- [Prompt]: Character for character, give back every line below.

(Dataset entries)

- - - -

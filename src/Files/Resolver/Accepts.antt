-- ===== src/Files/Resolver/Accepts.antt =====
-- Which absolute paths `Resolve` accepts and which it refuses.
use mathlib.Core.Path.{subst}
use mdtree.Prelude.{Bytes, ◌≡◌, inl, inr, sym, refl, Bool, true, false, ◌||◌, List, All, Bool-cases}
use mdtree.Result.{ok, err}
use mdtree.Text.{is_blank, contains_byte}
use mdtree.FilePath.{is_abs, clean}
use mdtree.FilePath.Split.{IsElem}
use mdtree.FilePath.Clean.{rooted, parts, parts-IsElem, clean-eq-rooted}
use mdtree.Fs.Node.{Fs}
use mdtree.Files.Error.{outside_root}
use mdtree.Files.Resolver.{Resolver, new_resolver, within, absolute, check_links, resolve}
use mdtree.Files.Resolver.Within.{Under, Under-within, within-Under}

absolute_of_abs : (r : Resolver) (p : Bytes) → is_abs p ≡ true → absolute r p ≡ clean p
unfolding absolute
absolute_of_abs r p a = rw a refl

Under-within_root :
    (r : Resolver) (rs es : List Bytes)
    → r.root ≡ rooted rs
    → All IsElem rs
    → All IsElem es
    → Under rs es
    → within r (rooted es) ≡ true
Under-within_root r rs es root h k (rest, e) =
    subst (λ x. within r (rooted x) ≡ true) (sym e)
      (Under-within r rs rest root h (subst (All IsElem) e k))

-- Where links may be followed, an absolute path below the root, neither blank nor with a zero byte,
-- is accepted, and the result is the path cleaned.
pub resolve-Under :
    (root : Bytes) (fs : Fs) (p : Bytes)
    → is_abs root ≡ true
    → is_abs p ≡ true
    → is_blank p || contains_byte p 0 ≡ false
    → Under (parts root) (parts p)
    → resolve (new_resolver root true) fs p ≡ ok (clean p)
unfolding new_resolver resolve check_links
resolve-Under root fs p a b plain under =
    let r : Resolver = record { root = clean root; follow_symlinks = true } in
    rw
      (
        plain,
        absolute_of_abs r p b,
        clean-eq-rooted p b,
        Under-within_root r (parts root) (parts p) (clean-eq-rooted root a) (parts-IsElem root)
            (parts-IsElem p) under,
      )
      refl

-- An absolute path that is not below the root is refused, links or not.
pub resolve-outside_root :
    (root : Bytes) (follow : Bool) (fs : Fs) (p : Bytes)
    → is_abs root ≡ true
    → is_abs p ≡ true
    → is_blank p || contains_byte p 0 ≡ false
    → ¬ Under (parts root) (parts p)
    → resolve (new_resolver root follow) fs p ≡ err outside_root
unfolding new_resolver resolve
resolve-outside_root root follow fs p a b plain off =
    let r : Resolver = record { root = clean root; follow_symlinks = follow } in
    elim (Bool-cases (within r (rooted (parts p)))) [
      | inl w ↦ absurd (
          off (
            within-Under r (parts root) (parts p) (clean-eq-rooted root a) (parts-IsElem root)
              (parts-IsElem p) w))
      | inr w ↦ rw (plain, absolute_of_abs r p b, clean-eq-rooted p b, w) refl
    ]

- - - -

- [Task result]:
filename src/Files/Resolver/Accepts.antt
-- ===== src/Files/Resolver/Accepts.antt =====
-- Which absolute paths `Resolve` accepts and which it refuses.
use mathlib.Core.Path.{subst}
use mdtree.Prelude.{Bytes, ◌≡◌, inl, inr, sym, refl, Bool, true, false, ◌||◌, List, All, Bool-cases}
use mdtree.Result.{ok, err}
use mdtree.Text.{is_blank, contains_byte}
use mdtree.FilePath.{is_abs, clean}
use mdtree.FilePath.Split.{IsElem}
use mdtree.FilePath.Clean.{rooted, parts, parts-IsElem, clean-eq-rooted}
use mdtree.Fs.Node.{Fs}
use mdtree.Files.Error.{outside_root}
use mdtree.Files.Resolver.{Resolver, new_resolver, within, absolute, check_links, resolve}
use mdtree.Files.Resolver.Within.{Under, Under-within, within-Under}

absolute_of_abs : (r : Resolver) (p : Bytes) → is_abs p ≡ true → absolute r p ≡ clean p
unfolding absolute
absolute_of_abs r p a = rw a refl

Under-within_root :
    (r : Resolver) (rs es : List Bytes)
    → r.root ≡ rooted rs
    → All IsElem rs
    → All IsElem es
    → Under rs es
    → within r (rooted es) ≡ true
Under-within_root r rs es root h k (rest, e) =
    subst (λ x. within r (rooted x) ≡ true) (sym e)
      (Under-within r rs rest root h (subst (All IsElem) e k))

-- Where links may be followed, an absolute path below the root, neither blank nor with a zero byte,
-- is accepted, and the result is the path cleaned.
pub resolve-Under :
    (root : Bytes) (fs : Fs) (p : Bytes)
    → is_abs root ≡ true
    → is_abs p ≡ true
    → is_blank p || contains_byte p 0 ≡ false
    → Under (parts root) (parts p)
    → resolve (new_resolver root true) fs p ≡ ok (clean p)
unfolding new_resolver resolve check_links
resolve-Under root fs p a b plain under =
    let r : Resolver = record { root = clean root; follow_symlinks = true } in
    rw
      (
        plain,
        absolute_of_abs r p b,
        clean-eq-rooted p b,
        Under-within_root r (parts root) (parts p) (clean-eq-rooted root a) (parts-IsElem root)
            (parts-IsElem p) under,
      )
      refl

-- An absolute path that is not below the root is refused, links or not.
pub resolve-outside_root :
    (root : Bytes) (follow : Bool) (fs : Fs) (p : Bytes)
    → is_abs root ≡ true
    → is_abs p ≡ true
    → is_blank p || contains_byte p 0 ≡ false
    → ¬ Under (parts root) (parts p)
    → resolve (new_resolver root follow) fs p ≡ err outside_root
unfolding new_resolver resolve
resolve-outside_root root follow fs p a b plain off =
    let r : Resolver = record { root = clean root; follow_symlinks = follow } in
    elim (Bool-cases (within r (rooted (parts p)))) [
      | inl w ↦ absurd (
          off (
            within-Under r (parts root) (parts p) (clean-eq-rooted root a) (parts-IsElem root)
              (parts-IsElem p) w))
      | inr w ↦ rw (plain, absolute_of_abs r p b, clean-eq-rooted p b, w) refl
    ]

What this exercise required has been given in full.